(Stored items)
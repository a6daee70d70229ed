-- ===== src/Reader/Open/Errors.antt =====
-- Which error `erf_open_memory` reports.
use elfrc.Base.{
  ℕ, zero, suc, ◌+◌, ◌≤◌, ◌≡◌, ◌≢◌, inl, inr, sym, ◌∙◌, arith, List, some, true, false, length,
}
use elfrc.Bytes.{bytes_eq}
use elfrc.Format.{Header, erf_magic, sizeof_header}
use elfrc.Reader.Outcome.{ErfError, bad_magic, unsupported_version, bad_offset, err}
use elfrc.Reader.Open.Sequence.{three_error, three_stops}
use elfrc.Reader.Open.Sound.{stored_header, opened, open_parts}
use elfrc.Reader.Open.{
  read_hash_table, read_entry, open_resource, open_hash_table, open_resources, check_header,
  erf_open_memory,
}
use elfrc.Reader.Open.Checks.{check_header_errors}

-- The two loops report bad offsets only.
open_hash_table_error :
    (b : List ℕ) (h : Header) {x : ErfError} → open_hash_table b h ≡ err x → x ≡ bad_offset
unfolding open_hash_table read_hash_table
open_hash_table_error b h e = ground arith

open_resource_error :
    (b : List ℕ) (h : Header) (i : ℕ) {x : ErfError} → open_resource b h i ≡ err x → x ≡ bad_offset
unfolding open_resource read_entry
open_resource_error b h i e = ground arith

open_resources_error :
    (b : List ℕ) (h : Header) (left i : ℕ) {x : ErfError}
    → open_resources b h left i ≡ err x
    → x ≡ bad_offset
unfolding open_resources
open_resources_error b h zero i e = cc
open_resources_error b h (suc left) i {x} e =
    ground (arith, open_resource_error b h i {x = x}, open_resources_error b h left (i + 1) {x = x})

module _ (b : List ℕ) (size : ℕ) (fits : size ≤ length b) where
  -- For a memory that holds at least `size` bytes, with `size` at least that of a header: a wrong
  -- magic is reported first, then a wrong major version, and every other refusal is a bad offset.
  pub erf_open_memory_errors :
      sizeof_header ≤ size
      → (bytes_eq (stored_header b).magic erf_magic ≡ false
          → erf_open_memory (some b) size ≡ err bad_magic)
        × (bytes_eq (stored_header b).magic erf_magic ≡ true
            → (stored_header b).version_major ≢ 1
            → erf_open_memory (some b) size ≡ err unsupported_version)
        × ((e : ErfError)
            → bytes_eq (stored_header b).magic erf_magic ≡ true
            → (stored_header b).version_major ≡ 1
            → erf_open_memory (some b) size ≡ err e
            → e ≡ bad_offset)
  erf_open_memory_errors long =
      let h = stored_header b in
      let (magic, version, rest) = check_header_errors h size in
      let start = open_parts b size long fits in
      (
        λ m.
            start
            ∙ three_stops (opened b size) (open_hash_table b h)
                (open_resources b h h.resource_count 0) (magic m),
        λ m v.
            start
            ∙ three_stops (opened b size) (open_hash_table b h)
                (open_resources b h h.resource_count 0) (version m v),
        λ e m v f.
            elim (three_error (opened b size) (check_header h size) (open_hash_table b h)
              (open_resources b h h.resource_count 0) (sym start ∙ f)) [
                | inl g ↦ rest e m v g
                | inr (g, inl t) ↦ open_hash_table_error b h t
                | inr (g, inr r) ↦ open_resources_error b h h.resource_count 0 r
              ],
      )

[YOUR ASSIGNMENT] All of the entries should be output exactly as they appear above.

[WRITTEN SOLUTION]
repository a6daee70d70229ed
-- ===== src/Reader/Open/Errors.antt =====
-- Which error `erf_open_memory` reports.
use elfrc.Base.{
  ℕ, zero, suc, ◌+◌, ◌≤◌, ◌≡◌, ◌≢◌, inl, inr, sym, ◌∙◌, arith, List, some, true, false, length,
}
use elfrc.Bytes.{bytes_eq}
use elfrc.Format.{Header, erf_magic, sizeof_header}
use elfrc.Reader.Outcome.{ErfError, bad_magic, unsupported_version, bad_offset, err}
use elfrc.Reader.Open.Sequence.{three_error, three_stops}
use elfrc.Reader.Open.Sound.{stored_header, opened, open_parts}
use elfrc.Reader.Open.{
  read_hash_table, read_entry, open_resource, open_hash_table, open_resources, check_header,
  erf_open_memory,
}
use elfrc.Reader.Open.Checks.{check_header_errors}

-- The two loops report bad offsets only.
open_hash_table_error :
    (b : List ℕ) (h : Header) {x : ErfError} → open_hash_table b h ≡ err x → x ≡ bad_offset
unfolding open_hash_table read_hash_table
open_hash_table_error b h e = ground arith

open_resource_error :
    (b : List ℕ) (h : Header) (i : ℕ) {x : ErfError} → open_resource b h i ≡ err x → x ≡ bad_offset
unfolding open_resource read_entry
open_resource_error b h i e = ground arith

open_resources_error :
    (b : List ℕ) (h : Header) (left i : ℕ) {x : ErfError}
    → open_resources b h left i ≡ err x
    → x ≡ bad_offset
unfolding open_resources
open_resources_error b h zero i e = cc
open_resources_error b h (suc left) i {x} e =
    ground (arith, open_resource_error b h i {x = x}, open_resources_error b h left (i + 1) {x = x})

module _ (b : List ℕ) (size : ℕ) (fits : size ≤ length b) where
  -- For a memory that holds at least `size` bytes, with `size` at least that of a header: a wrong
  -- magic is reported first, then a wrong major version, and every other refusal is a bad offset.
  pub erf_open_memory_errors :
      sizeof_header ≤ size
      → (bytes_eq (stored_header b).magic erf_magic ≡ false
          → erf_open_memory (some b) size ≡ err bad_magic)
        × (bytes_eq (stored_header b).magic erf_magic ≡ true
            → (stored_header b).version_major ≢ 1
            → erf_open_memory (some b) size ≡ err unsupported_version)
        × ((e : ErfError)
            → bytes_eq (stored_header b).magic erf_magic ≡ true
            → (stored_header b).version_major ≡ 1
            → erf_open_memory (some b) size ≡ err e
            → e ≡ bad_offset)
  erf_open_memory_errors long =
      let h = stored_header b in
      let (magic, version, rest) = check_header_errors h size in
      let start = open_parts b size long fits in
      (
        λ m.
            start
            ∙ three_stops (opened b size) (open_hash_table b h)
                (open_resources b h h.resource_count 0) (magic m),
        λ m v.
            start
            ∙ three_stops (opened b size) (open_hash_table b h)
                (open_resources b h h.resource_count 0) (version m v),
        λ e m v f.
            elim (three_error (opened b size) (check_header h size) (open_hash_table b h)
              (open_resources b h h.resource_count 0) (sym start ∙ f)) [
                | inl g ↦ rest e m v g
                | inr (g, inl t) ↦ open_hash_table_error b h t
                | inr (g, inr r) ↦ open_resources_error b h h.resource_count 0 r
              ],
      )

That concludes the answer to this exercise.